14. The glass laminate of claim 13, wherein the at least one mounting device further comprises a third portion that forms a cover over a portion of the peripheral edge from which it protrudes.

15. The glass laminate of claim 13, wherein the second portion of the at least one mounting device comprises at least one anchoring means.

16. The glass laminate of claim 13, which comprises two mounting devices, and wherein the mounting devices are positioned on opposite peripheral edges of the glass laminate.

17. The glass laminate of claim 13, which comprises four mounting devices, and wherein two of the mounting devices are positioned on a single edge of the glass laminate, and two of the mounting devices are positioned on the opposite peripheral edge of the glass laminate.

18. The glass laminate of claim 13, which comprises four mounting devices, and wherein each of the mounting devices is positioned on a different peripheral edge of the glass laminate.

19. The glass laminate of claim 13, wherein the at least one mounting device is made of metal or plastic.

20. The glass laminate of claim 19, wherein the at least one mounting device comprises a metal selected from the group consisting of steel, aluminum, titanium, brass, lead, chrome, copper, and alloys thereof.

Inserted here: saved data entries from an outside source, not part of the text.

-- ===== src/Migration/Transaction.antt =====
-- The commit of a migration: CommitTransaction in internal/migration/transaction.go, and HasChanges
-- in internal/migration/plan.go.
pub mod Planned
pub mod Crash
pub mod Survival
pub mod Quiet
pub mod Filed
use droid_proxy.Prelude.{
  ℕ, zero, suc, ◌<◌, Bool, true, false, not, ◌&&◌, ◌||◌, Option, none, some, List, [], ◌∷◌, String,
  if◌then◌else◌, ltb,
}
use droid_proxy.Prelude.Numbers.{ℤ}
use droid_proxy.Prelude.GoLibrary.{GoLibrary}
use droid_proxy.Migration.World.{
  Target, in_progress, completed, aborted, Record, World, unsafe_factory, not_eligible,
  destination_unavailable, M, ◌>>=◌, ◌>>◌, pure, fail, or_fail, boundary, ignore,
  write_private_file, write_journal, check_target_trust,
}
use droid_proxy.Migration.Targets.{prepare_target, commit_target, cleanup_staged_files}
use droid_proxy.Migration.Recovery.{
  migrated, TransactionResult, nothing_done, is_no_op, now_iso, recover_incomplete,
}

-- A plan, with the texts that generateStagedConfig and generateStagedFactory make of it; `none` for
-- an error of theirs.
pub record Plan : Type 0 where
  pub config_path : String
  pub config_eligible : Bool
  pub config_raw : String
  pub staged_config : Option String
  pub host : String
  pub old_port : ℤ
  pub new_port : ℤ
  pub factory_path : String
  pub factory_present : Bool
  -- `len(plan.FactoryChanges)`
  pub factory_changes : ℕ
  pub factory_unsafe : Bool
  pub factory_raw : Option String
  pub staged_factory : Option String

-- What the environment gives to a commit: the state root, the id that generateTxID makes, and the
-- answer of the destination checker (`true` also when there is none).
pub record Setting : Type 0 where
  pub root : String
  pub tx_id : String
  pub destination_free : Bool

unfoldable pub has_changes : Plan → Bool
has_changes plan = plan.config_eligible || ltb 0 plan.factory_changes

-- `factoryAbs != ""`.
abbrev pub has_factory : Plan → Bool
has_factory plan = plan.factory_present && ltb 0 plan.factory_changes

abbrev pub check_factory : Plan → M (Unit {0})
check_factory plan = if has_factory plan then check_target_trust plan.factory_path else pure tt

unfoldable pub prepare_raw : GoLibrary → Setting → Plan → Option String → M (Option Target)
prepare_raw go x plan none = pure none
prepare_raw go x plan (some raw) =
    prepare_target go plan.factory_path x.root x.tx_id "factory" raw >>= λ t. pure (some t)

unfoldable pub prepare_factory : GoLibrary → Setting → Plan → M (Option Target)
prepare_factory go x plan =
    if has_factory plan then prepare_raw go x plan plan.factory_raw else pure none

-- Generate the new content of a target and write it beside its backup.
unfoldable pub stage : GoLibrary → Option String → Target → M Target
stage go generated t = do
  content ← or_fail not_eligible generated
  write_private_file t.staged_path content
  pure (record t { new_hash = go.sha256_hex content })

unfoldable pub stage_factory : GoLibrary → Option String → Option Target → M (Option Target)
stage_factory go generated none = pure none
stage_factory go generated (some t) = stage go generated t >>= λ u. pure (some u)

-- Backups and staged files, and the record of the transaction.
unfoldable pub prepare : GoLibrary → Setting → Plan → M Record
prepare go x plan = do
  now ← now_iso
  c ← prepare_target go plan.config_path x.root x.tx_id "config" plan.config_raw
  f ← prepare_factory go x plan
  staged_c ← stage go plan.staged_config c
  staged_f ← stage_factory go plan.staged_factory f
  pure record {
    id = x.tx_id;
    status = in_progress;
    created_at = now;
    completed_at = "";
    aborted_at = "";
    rolled_back_at = "";
    old_port = plan.old_port;
    new_port = plan.new_port;
    host = plan.host;
    config = some staged_c;
    factory = staged_f;
  }

-- A destination that is taken: the journal is kept as aborted.
unfoldable pub refuse_destination : Record → M (Unit {0})
refuse_destination r = do
  now ← now_iso
  ignore (write_journal (record r { status = aborted; aborted_at = now }))
  cleanup_staged_files r
  fail destination_unavailable

-- The destination check.
unfoldable pub check_destination : Setting → Record → M (Unit {0})
check_destination x r = do boundary; if x.destination_free then pure tt else refuse_destination r

-- A boundary, the commit of a target, and the journal with the target marked as committed. The
-- target is put back into the record by `mark`.
unfoldable pub commit_step : GoLibrary → (Option Target → Record) → Option Target → M Record
commit_step go mark none = pure (mark none)
commit_step go mark (some t) = do
  boundary
  commit_target go t
  ignore (write_journal (mark (some (record t { committed = true }))))
  pure (mark (some (record t { committed = true })))

unfoldable pub commit_targets : GoLibrary → Record → M Record
commit_targets go r = do
  s ← commit_step go (λ t. record r { config = t }) r.config
  commit_step go (λ t. record s { factory = t }) s.factory

unfoldable pub mark_complete : Record → M TransactionResult
mark_complete r = do
  boundary
  now ← now_iso
  write_journal (record r { status = completed; completed_at = now })
  cleanup_staged_files r
  pure record { id = r.id; action = migrated }

-- From the record on: the journal, the commits and the end.
unfoldable pub run : GoLibrary → Setting → Record → M TransactionResult
run go x r = do write_journal r; check_destination x r; s ← commit_targets go r; mark_complete s

unfoldable pub begin_transaction : GoLibrary → Setting → Plan → M TransactionResult
begin_transaction go x plan = do
  check_target_trust plan.config_path
  check_factory plan
  r ← prepare go x plan
  run go x r

unfoldable pub commit_plan : GoLibrary → Setting → Plan → M TransactionResult
commit_plan go x plan =
    if not (has_changes plan) || plan.factory_unsafe
    then (if plan.factory_unsafe then fail unsafe_factory else pure nothing_done)
    else begin_transaction go x plan

-- The lock is held throughout; the first call is ensureStateRoot.
unfoldable pub commit_transaction : GoLibrary → Setting → Plan → M TransactionResult
commit_transaction go x plan = do
  boundary
  result ← recover_incomplete go
  if is_no_op result then commit_plan go x plan else pure result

21. A glass laminate comprising n layers of films, rigid sheets, or combinations thereof and n−1 layers of polymeric interlayer sheets, wherein (i) n is an integer of 2-10; (ii) each adjacent pair of the n layers of films, rigid sheets, or combinations thereof are interspaced by one of the polymer interlayer sheets; (iii) one or more of the n layers of films, rigid sheets, or combinations thereof comprises a thin glass sheet with a thickness of about 1.5 mm or less; and (iv) one or more of the n−1 layers of polymeric interlayer sheets comprise an ionomer.

22. The glass laminate of claim 21, wherein the n layers are n layers of thin glass sheets, and wherein the n−1 layers are ionomeric interlayer sheets, wherein each of the n layers of thin glass sheets independently has a thickness of less than 1.5 mm, and each adjacent pair of the thin glass sheets is interspaced by one of the ionomeric interlayer sheets.